Greater Mumbai, along India's west coast, is one of the world's most densely populated metropolitan areas, with about 12 million residents as of 2001, according to the Mumbai Metropolitan Region Development Authority. It struggles with poverty, congestion and such infrastructure challenges as poor drainage systems that sometimes lead to flooding in low-lying areas. At the same time, it is the nation's financial capital and home to India's film industry, known as Bollywood. "It's the Shanghai or New York of India," Mr. Lottefier says.

Mumbai's central business district submarket was the seventh priciest out of 176 markets in major cities world-wide, according to a survey released in November by CB Richard Ellis, a real-estate-services firm. The estimated cost to occupy prime space in Mumbai was $106.09 per square foot annually, just ahead of Paris in eighth place at $105.54. (London's West End was the most expensive, at $212.03.) Occupancy costs include rent, local taxes and service charges. Other Mumbai real estate sectors have seen hefty rent increases too.

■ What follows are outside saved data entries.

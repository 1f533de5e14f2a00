-- ===== src/ScheduledRuns/Awaiting.antt =====
-- A run that waits for a human's decision waits until there is one.
use zeromux.Prelude.{
  ℕ, ◌≡◌, String, str_eq, Bool, true, false, not, Option, none, some, List, [], ◌∷◌, retain, arith,
  All,
}
use zeromux.ScheduledRuns.{TaskRun, is_active, set_run_state}
use zeromux.ScheduledRuns.Claims.{Write, set_state, write, find_run, find_run-map, write-keeps}
use zeromux.ScheduledRuns.Reconcile.{
  TaskConfig, timed_out, abort_stale, sweep, verdict_of, reconcile_timeouts_per_task,
  awaits_confirmation, confirmed, set_confirm_status, newest_runs, is_pruned, prune_runs,
}

-- What the program does to the table: a write of a claimant or a reconciler, a round of the watchdog,
-- the retention of a task, and a decision.
pub data Change : Type 0 where
  written : Write → Change
  timeouts : (String → Option ℕ) → ℕ → Change
  retention : String → ℕ → Change
  decided : String → String → Change

module _ (configs : List TaskConfig) where
  unfoldable pub change : Change → List TaskRun → List TaskRun
  change (written w) table = write w table
  change (timeouts mtime now) table = (reconcile_timeouts_per_task mtime now configs table).0
  change (retention task_id keep) table = prune_runs configs task_id keep table
  change (decided run_id status) table = (set_confirm_status configs run_id status table).0

  unfoldable pub change_all : List Change → List TaskRun → List TaskRun
  unfolding change
  change_all [] table = table
  change_all (c ∷ cs) table = change_all cs (change c table)

-- No decision on this run.
abbrev IsUndecided : TaskRun → Change → Type 0
IsUndecided r (decided run_id status) = str_eq r.id run_id ≡ false
IsUndecided r (written w) = Unit
IsUndecided r (timeouts mtime now) = Unit
IsUndecided r (retention task_id keep) = Unit

find_run-retain :
    (q : TaskRun → Bool) (run_id : String) (table : List TaskRun) (r : TaskRun)
    → q r ≡ true
    → find_run run_id table ≡ some r
    → find_run run_id (retain q table) ≡ some r
unfolding find_run
find_run-retain q run_id [] r h e = e
find_run-retain q run_id (x ∷ xs) r h e = ground (arith, find_run-retain q run_id xs r h)

abort_stale-keeps :
    (verdict : Option String) (i : String) (now : ℕ) (table : List TaskRun) (run_id : String)
    (r : TaskRun)
    → is_active r.state ≡ false
    → find_run run_id table ≡ some r
    → find_run run_id (abort_stale verdict i now table) ≡ some r
unfolding set_run_state write
abort_stale-keeps none i now table run_id r h e = e
abort_stale-keeps (some kind) i now table run_id r h e =
    write-keeps (set_state i (timed_out kind now)) run_id table r h e

sweep-keeps :
    (verdict : TaskRun → Option String) (now : ℕ) (runs table : List TaskRun) (run_id : String)
    (r : TaskRun)
    → is_active r.state ≡ false
    → find_run run_id table ≡ some r
    → find_run run_id (sweep verdict now runs table).0 ≡ some r
unfolding sweep
sweep-keeps verdict now [] table run_id r h e = e
sweep-keeps verdict now (x ∷ xs) table run_id r h e =
    sweep-keeps verdict now xs (abort_stale (verdict x) x.id now table) run_id r h
      (abort_stale-keeps (verdict x) x.id now table run_id r h e)

awaiting_inactive :
    (configs : List TaskConfig) (r : TaskRun)
    → awaits_confirmation configs r ≡ true
    → is_active r.state ≡ false
unfolding awaits_confirmation
awaiting_inactive configs r h = ground arith

exempt :
    (configs : List TaskConfig) (task_id : String) (kept : List TaskRun) (r : TaskRun)
    → awaits_confirmation configs r ≡ true
    → not (is_pruned configs task_id kept r) ≡ true
unfolding is_pruned
exempt configs task_id kept r h = ground arith

confirmed-id :
    (configs : List TaskConfig) (run_id status : String) (x : TaskRun)
    → (confirmed configs run_id status x).id ≡ x.id
unfolding confirmed
confirmed-id configs run_id status x = ground arith

undecided_same :
    (configs : List TaskConfig) (run_id status : String) (r : TaskRun)
    → str_eq r.id run_id ≡ false
    → confirmed configs run_id status r ≡ r
unfolding confirmed
undecided_same configs run_id status r h = ground arith

change-keeps :
    (configs : List TaskConfig) (c : Change) (run_id : String) (table : List TaskRun) (r : TaskRun)
    → awaits_confirmation configs r ≡ true
    → IsUndecided r c
    → find_run run_id table ≡ some r
    → find_run run_id (change configs c table) ≡ some r
unfolding change reconcile_timeouts_per_task prune_runs set_confirm_status
change-keeps configs (written w) run_id table r h u e =
    write-keeps w run_id table r (awaiting_inactive configs r h) e
change-keeps configs (timeouts mtime now) run_id table r h u e =
    sweep-keeps (verdict_of mtime now configs) now (retain (λ x. is_active x.state) table) table
      run_id r (awaiting_inactive configs r h) e
change-keeps configs (retention task_id keep) run_id table r h u e =
    find_run-retain (λ x. not (is_pruned configs task_id (newest_runs task_id keep table) x)) run_id
      table r (exempt configs task_id (newest_runs task_id keep table) r h) e
change-keeps configs (decided other status) run_id table r h u e =
    find_run-map (confirmed configs other status) run_id table r (confirmed-id configs other status)
      (undecided_same configs other status r u) e

-- A run that waits for confirmation stays in the table as it is, whatever is claimed, finished,
-- reconciled, timed out, pruned and decided on other runs, until there is a decision on it.
pub awaiting_run_stays :
    (configs : List TaskConfig) (cs : List Change) (run_id : String) (table : List TaskRun)
    (r : TaskRun)
    → awaits_confirmation configs r ≡ true
    → All (IsUndecided r) cs
    → find_run run_id table ≡ some r
    → find_run run_id (change_all configs cs table) ≡ some r
unfolding change_all
awaiting_run_stays configs [] run_id table r h u e = e
awaiting_run_stays configs (c ∷ cs) run_id table r h (u, us) e =
    awaiting_run_stays configs cs run_id (change configs c table) r h us
      (change-keeps configs c run_id table r h u e)
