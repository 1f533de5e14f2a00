-- ===== src/ScheduledRuns/Ended.antt =====
-- A run that has ended stays as it ended.
use mathlib.Core.Bool.{false≢true}
use zeromux.Prelude.{
  ℕ, ◌≡◌, sym, ap, ◌∙◌, String, str_eq, Bool, true, false, ◌&&◌, Option, none, some, List, [], ◌∷◌,
  ◌++◌, map, retain, any, arith, All, if_cases,
}
use zeromux.ScheduledRuns.{
  TaskRun, is_active, claim_run, conflicts, inserted, Update, set_run_state, set_row,
  abort_active_run_for_session, abort_row, reconcile_orphans, orphan_row,
}
use zeromux.ScheduledRuns.Awaiting.{Change, written, timeouts, retention, decided, change}
use zeromux.ScheduledRuns.Claims.{Write, claim, set_state, session_removed, orphans, write}
use zeromux.ScheduledRuns.Reconcile.{
  TaskConfig, timed_out, abort_stale, sweep, verdict_of, reconcile_timeouts_per_task,
  awaits_confirmation, confirmed, set_confirm_status, prune_runs, delete_config_runs,
}

-- What the program does to the table: the changes that a waiting run stands, and that its task is deleted.
pub data Step : Type 0 where
  changed : Change → Step
  task_deleted : String → Step

module _ (configs : List TaskConfig) where
  unfoldable pub step : Step → List TaskRun → List TaskRun
  step (changed c) table = change configs c table
  step (task_deleted task_id) table = delete_config_runs task_id table

  unfoldable pub step_all : List Step → List TaskRun → List TaskRun
  unfolding step
  step_all [] table = table
  step_all (s ∷ ss) table = step_all ss (step s table)

-- The row is the run as it ended, but for what a human has decided on it since.
abbrev pub IsAsEnded : TaskRun → TaskRun → Type 0
IsAsEnded r x = (status : Option String) × (x ≡ record r { confirm_status = status })

-- The rows with the run's id, of which there may be none.
abbrev pub StaysEnded : TaskRun → List TaskRun → Type 0
StaysEnded r = All (λ x. str_eq x.id r.id ≡ true → IsAsEnded r x)

-- A new run has an id of its own.
abbrev pub IsNotClaimed : String → Step → Type 0
IsNotClaimed run_id (changed (written (claim run))) = str_eq run.id run_id ≡ false
IsNotClaimed run_id _ = Unit

module _ (r : TaskRun) (ended : is_active r.state ≡ false) where
  -- A statement that leaves the ids and the rows as they ended.
  abbrev Spares : (TaskRun → TaskRun) → Type 0
  Spares f =
      (x : TaskRun)
      → (str_eq x.id r.id ≡ true → IsAsEnded r x)
      → str_eq (f x).id r.id ≡ true
      → IsAsEnded r (f x)

  map-StaysEnded :
      (f : TaskRun → TaskRun) (table : List TaskRun)
      → Spares f
      → StaysEnded r table
      → StaysEnded r (map f table)
  map-StaysEnded f [] h k = tt
  map-StaysEnded f (x ∷ xs) h (k, ks) = (h x k, map-StaysEnded f xs h ks)

  retain-StaysEnded :
      (p : TaskRun → Bool) (table : List TaskRun)
      → StaysEnded r table
      → StaysEnded r (retain p table)
  retain-StaysEnded p [] k = tt
  retain-StaysEnded p (x ∷ xs) (k, ks) =
      let rest = retain-StaysEnded p xs ks in
      if_cases (StaysEnded r) (p x) (x ∷ retain p xs) (retain p xs) (λ _. (k, rest)) (λ _. rest)

  append-StaysEnded :
      (table : List TaskRun) (new : TaskRun)
      → str_eq new.id r.id ≡ false
      → StaysEnded r table
      → StaysEnded r (table ++ new ∷ [])
  append-StaysEnded [] new h k = (λ e. absurd (false≢true (sym h ∙ e)), tt)
  append-StaysEnded (x ∷ xs) new h (k, ks) = (k, append-StaysEnded xs new h ks)

  -- A row that a statement changes is active, and so not the run's.
  only_active-Spares :
      (f : TaskRun → TaskRun)
      → ((x : TaskRun) → (f x).id ≡ x.id)
      → ((x : TaskRun) → is_active x.state ≡ false → f x ≡ x)
      → Spares f
  only_active-Spares f ids fixed x k e =
      let (status, same) = k (ap (λ i. str_eq i r.id) (sym (ids x)) ∙ e) in
      (status, fixed x (ap (λ y. is_active y.state) same ∙ ended) ∙ same)

  set_run_state-StaysEnded :
      (i : String) (u : Update) (table : List TaskRun)
      → StaysEnded r table
      → StaysEnded r (set_run_state i u table)
  unfolding set_run_state set_row
  set_run_state-StaysEnded i u table k =
      map-StaysEnded (set_row i u) table
        (only_active-Spares (set_row i u) (λ x. ground arith) (λ x. λ h. ground (arith, h))) k

  abort_stale-StaysEnded :
      (v : Option String) (i : String) (now : ℕ) (table : List TaskRun)
      → StaysEnded r table
      → StaysEnded r (abort_stale v i now table)
  abort_stale-StaysEnded none i now table k = k
  abort_stale-StaysEnded (some kind) i now table k =
      set_run_state-StaysEnded i (timed_out kind now) table k

  sweep-StaysEnded :
      (v : TaskRun → Option String) (now : ℕ) (runs table : List TaskRun)
      → StaysEnded r table
      → StaysEnded r (sweep v now runs table).0
  unfolding sweep
  sweep-StaysEnded v now [] table k = k
  sweep-StaysEnded v now (x ∷ xs) table k =
      sweep-StaysEnded v now xs (abort_stale (v x) x.id now table)
        (abort_stale-StaysEnded (v x) x.id now table k)

  write-StaysEnded :
      (w : Write) (table : List TaskRun)
      → IsNotClaimed r.id (changed (written w))
      → StaysEnded r table
      → StaysEnded r (write w table)
  unfolding write claim_run abort_active_run_for_session reconcile_orphans abort_row orphan_row
      inserted
  write-StaysEnded (claim run) table h k =
      if_cases (λ (p : List TaskRun × Bool). StaysEnded r p.0) (any (conflicts run) table)
        (table, false) (table ++ inserted run ∷ [], true) (λ _. k)
        (λ _. append-StaysEnded table (inserted run) h k)
  write-StaysEnded (set_state i u) table h k = set_run_state-StaysEnded i u table k
  write-StaysEnded (session_removed sid kind now) table h k =
      map-StaysEnded (abort_row sid kind now) table
        (only_active-Spares (abort_row sid kind now) (λ x. ground arith)
          (λ x. λ e. ground (arith, e)))
        k
  write-StaysEnded (orphans cutoff now) table h k =
      map-StaysEnded (orphan_row cutoff now) table
        (only_active-Spares (orphan_row cutoff now) (λ x. ground arith)
          (λ x. λ e. ground (arith, e)))
        k

  confirmed-Spares :
      (configs : List TaskConfig) (run_id status : String)
      → Spares (confirmed configs run_id status)
  unfolding confirmed
  confirmed-Spares configs run_id status x k =
      if_cases (λ y. str_eq y.id r.id ≡ true → IsAsEnded r y)
        (str_eq x.id run_id && awaits_confirmation configs x)
        (record x { confirm_status = some status }) x
        (λ _. λ e. (
          some status,
          ap {A = TaskRun} {B = TaskRun} (λ y. record y { confirm_status = some status }) (k e).1,
        ))
        (λ _. k)

  step-StaysEnded :
      (configs : List TaskConfig) (s : Step) (table : List TaskRun)
      → IsNotClaimed r.id s
      → StaysEnded r table
      → StaysEnded r (step configs s table)
  unfolding step change reconcile_timeouts_per_task prune_runs set_confirm_status delete_config_runs
  step-StaysEnded configs (changed (written w)) table h k = write-StaysEnded w table h k
  step-StaysEnded configs (changed (timeouts mtime now)) table h k =
      sweep-StaysEnded (verdict_of mtime now configs) now (retain (λ x. is_active x.state) table)
        table k
  step-StaysEnded configs (changed (retention task_id keep)) table h k = retain-StaysEnded _ table k
  step-StaysEnded configs (changed (decided run_id status)) table h k =
      map-StaysEnded (confirmed configs run_id status) table
        (confirmed-Spares configs run_id status) k
  step-StaysEnded configs (task_deleted task_id) table h k = retain-StaysEnded _ table k

-- If a run has ended and its row is the only one with its id, then after any claims of other runs, states
-- that are set, sessions removed, orphans reconciled, rounds of the watchdog, retentions, decisions of
-- humans and tasks deleted, in any order, every row with its id is the run as it ended, but for its
-- confirmation: the first writer of a terminal state wins, and the row can only be deleted.
pub ended_run_stays :
    (configs : List TaskConfig) (ss : List Step) (r : TaskRun) (table : List TaskRun)
    → is_active r.state ≡ false
    → All (IsNotClaimed r.id) ss
    → StaysEnded r table
    → StaysEnded r (step_all configs ss table)
unfolding step_all
ended_run_stays configs [] r table h n k = k
ended_run_stays configs (s ∷ ss) r table h (n, ns) k =
    ended_run_stays configs ss r (step configs s table) h ns
      (step-StaysEnded r h configs s table n k)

Mumbai's prime retail rents rose 25% in fourth quarter from the year earlier, according to Jones Lang LaSalle.

The soaring real-estate costs in Mumbai and elsewhere in India are worrisome to some economists. Ruth Stroppiana, director of Asia-Pacific economics at Moody's Economy.com, says the hot real-estate sector is fanning the country's current problems with inflation, which could damp the very investment needed to sustain India's recent run of impressive economic growth. India's gross domestic product rose about 8.8% in 2006 from 2005, just below China's 11% rate.

A number of factors have hampered new construction. Even in India's most cosmopolitan cities such as Mumbai, inadequate roads and infrastructure are issues for many projects. And unlike many other major world cities where developers vie for claims to the tallest building, government restrictions keep Mumbai's skyline modest and new buildings smaller.

More development is in the works. Unlike some other older city centers in India where it's hard to find a big enough piece of land to develop, Mumbai does have some pockets of property still available, says Katherine Farley, a senior managing director of Tishman Speyer Properties.

In 2005, Tishman Speyer announced a joint venture called TSI Ventures Ltd., with ICICI Venture Funds Management Co., a subsidiary of India's ICICI Bank Ltd. to develop real estate in India. The partners are proceeding with two large projects in the city of Hyderabad. Ms. Farley says TSI is getter closer to announcing transactions in several other Indian cities, including Mumbai, which she says is attractive because of its concentration of multinational companies.

Some in the real-estate industry are hopeful that the recent loosening of restrictions on foreign direct real-estate investments will increase development and stabilize prices. "Earlier investors were coming and trying to understand the market," says Anshuman Magazine, managing director in South Asia for CB Richard Ellis, a real-estate services firm. "Now the money is starting to pour in."